[Your assignment] For this exercise, reproduce the entries below exactly, but only from the line containing "lowest_bit zero w = none" through the line containing "test_bit-clear_bit w (suc k) zero", both included.

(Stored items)
━━━━━━━━━━━━━━━━━━━━━━━━━━━━━━

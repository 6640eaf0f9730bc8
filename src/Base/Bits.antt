-- ===== src/Base/Bits.antt =====
-- The bits of a machine word, by halving: `w & (1 << k)`, `w |= 1 << k`, `w &= ~(1 << k)` and
-- `__builtin_ffs(w)`.
use chaotix.Base.{
  ℕ, zero, suc, ◌+◌, ◌*◌, ◌/◌, ◌%◌, ◌≤◌, ◌<◌, ◌≡◌, refl, Bool, true, false, Option, none, some,
  arith, ◌==◌, if◌then◌else◌,
}

unfoldable pub test_bit : ℕ → ℕ → Bool
test_bit w zero = w % 2 == 1
test_bit w (suc k) = test_bit (w / 2) k

unfoldable pub set_bit : ℕ → ℕ → ℕ
set_bit w zero = w / 2 * 2 + 1
set_bit w (suc k) = set_bit (w / 2) k * 2 + w % 2

unfoldable pub clear_bit : ℕ → ℕ → ℕ
clear_bit w zero = w / 2 * 2
clear_bit w (suc k) = clear_bit (w / 2) k * 2 + w % 2

-- The lowest bit that is set, among the first `n`; `__builtin_ffs` returns its number plus one, and 0
-- if there is none.
unfoldable pub lowest_bit : ℕ → ℕ → Option ℕ
lowest_bit zero w = none
lowest_bit (suc n) w =
    let higher = lowest_bit n (w / 2) in
    if w % 2 == 1 then some 0 else elim higher [ none ↦ none | some k ↦ some (suc k) ]

pub test_bit-set_bit :
    (w k j : ℕ) → test_bit (set_bit w k) j ≡ (if k == j then true else test_bit w j)
unfolding test_bit set_bit
test_bit-set_bit w zero zero = ground arith
test_bit-set_bit w zero (suc j) =
    let e : (w / 2 * 2 + 1) / 2 ≡ w / 2 = omega arith in
    let n : (0 == suc j) ≡ false = ground arith in rw (e, n)
test_bit-set_bit w (suc k) zero =
    let e : (set_bit (w / 2) k * 2 + w % 2) % 2 ≡ w % 2 = omega arith in
    let n : (suc k == 0) ≡ false = ground arith in rw (e, n)
test_bit-set_bit w (suc k) (suc j) =
    let e : (set_bit (w / 2) k * 2 + w % 2) / 2 ≡ set_bit (w / 2) k = omega arith in
    let n : (suc k == suc j) ≡ (k == j) = ground arith in rw (e, n) (test_bit-set_bit (w / 2) k j)

pub test_bit-clear_bit :
    (w k j : ℕ) → test_bit (clear_bit w k) j ≡ (if k == j then false else test_bit w j)
unfolding test_bit clear_bit
test_bit-clear_bit w zero zero = ground arith
test_bit-clear_bit w zero (suc j) =
    let e : (w / 2 * 2) / 2 ≡ w / 2 = omega arith in
    let n : (0 == suc j) ≡ false = ground arith in rw (e, n)
test_bit-clear_bit w (suc k) zero =
    let e : (clear_bit (w / 2) k * 2 + w % 2) % 2 ≡ w % 2 = omega arith in
    let n : (suc k == 0) ≡ false = ground arith in rw (e, n)
test_bit-clear_bit w (suc k) (suc j) =
    let e : (clear_bit (w / 2) k * 2 + w % 2) / 2 ≡ clear_bit (w / 2) k = omega arith in
    let n : (suc k == suc j) ≡ (k == j) = ground arith in rw (e, n) (test_bit-clear_bit (w / 2) k j)

pub test_bit-zero : (k : ℕ) → test_bit 0 k ≡ false
unfolding test_bit
test_bit-zero zero = refl
test_bit-zero (suc k) = test_bit-zero k

pub clear_bit-le : (w k : ℕ) → clear_bit w k ≤ w
unfolding clear_bit
clear_bit-le w zero = omega arith
clear_bit-le w (suc k) = omega (arith, clear_bit-le (w / 2) k)

-- Taking away a bit that was set makes the word smaller.
pub clear_bit-lt : (w k : ℕ) → test_bit w k ≡ true → clear_bit w k < w
unfolding clear_bit test_bit
clear_bit-lt w zero h = ground arith
clear_bit-lt w (suc k) h = omega (arith, clear_bit-lt (w / 2) k h)

pub lowest_bit-set : (n w k : ℕ) → lowest_bit n w ≡ some k → (test_bit w k ≡ true) × (k < n)
unfolding lowest_bit test_bit
lowest_bit-set zero w k h = cc
lowest_bit-set (suc n) w zero h = ground arith
lowest_bit-set (suc n) w (suc k) h = ground (arith, lowest_bit-set n (w / 2) k)

pub lowest_bit-least : (n w k j : ℕ) → lowest_bit n w ≡ some k → j < k → test_bit w j ≡ false
unfolding lowest_bit test_bit
lowest_bit-least zero w k j h l = cc
lowest_bit-least (suc n) w zero j h l = absurd (omega arith)
lowest_bit-least (suc n) w (suc k) zero h l = ground arith
lowest_bit-least (suc n) w (suc k) (suc j) h l = ground (arith, lowest_bit-least n (w / 2) k j)

pub lowest_bit-none : (n w j : ℕ) → lowest_bit n w ≡ none → j < n → test_bit w j ≡ false
unfolding lowest_bit test_bit
lowest_bit-none zero w j h l = absurd (omega arith)
lowest_bit-none (suc n) w zero h l = ground arith
lowest_bit-none (suc n) w (suc j) h l = ground (arith, lowest_bit-none n (w / 2) j)

-- Setting a bit that was set and cleared gives the word back.
pub set_bit-clear_bit : (w k : ℕ) → test_bit w k ≡ true → set_bit (clear_bit w k) k ≡ w
unfolding set_bit clear_bit test_bit
set_bit-clear_bit w zero h = ground arith
set_bit-clear_bit w (suc k) h =
    let e : (clear_bit (w / 2) k * 2 + w % 2) / 2 ≡ clear_bit (w / 2) k = omega arith in
    let o : (clear_bit (w / 2) k * 2 + w % 2) % 2 ≡ w % 2 = omega arith in
    let s = set_bit-clear_bit (w / 2) k h in rw (e, o, s) (omega arith)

━━━━━━━━━━━━━━━━━━━━━━━━━━━━━━

[Response for this exercise]
lowest_bit zero w = none
lowest_bit (suc n) w =
    let higher = lowest_bit n (w / 2) in
    if w % 2 == 1 then some 0 else elim higher [ none ↦ none | some k ↦ some (suc k) ]

pub test_bit-set_bit :
    (w k j : ℕ) → test_bit (set_bit w k) j ≡ (if k == j then true else test_bit w j)
unfolding test_bit set_bit
test_bit-set_bit w zero zero = ground arith
test_bit-set_bit w zero (suc j) =
    let e : (w / 2 * 2 + 1) / 2 ≡ w / 2 = omega arith in
    let n : (0 == suc j) ≡ false = ground arith in rw (e, n)
test_bit-set_bit w (suc k) zero =
    let e : (set_bit (w / 2) k * 2 + w % 2) % 2 ≡ w % 2 = omega arith in
    let n : (suc k == 0) ≡ false = ground arith in rw (e, n)
test_bit-set_bit w (suc k) (suc j) =
    let e : (set_bit (w / 2) k * 2 + w % 2) / 2 ≡ set_bit (w / 2) k = omega arith in
    let n : (suc k == suc j) ≡ (k == j) = ground arith in rw (e, n) (test_bit-set_bit (w / 2) k j)

pub test_bit-clear_bit :
    (w k j : ℕ) → test_bit (clear_bit w k) j ≡ (if k == j then false else test_bit w j)
unfolding test_bit clear_bit
test_bit-clear_bit w zero zero = ground arith
test_bit-clear_bit w zero (suc j) =
    let e : (w / 2 * 2) / 2 ≡ w / 2 = omega arith in
    let n : (0 == suc j) ≡ false = ground arith in rw (e, n)
test_bit-clear_bit w (suc k) zero =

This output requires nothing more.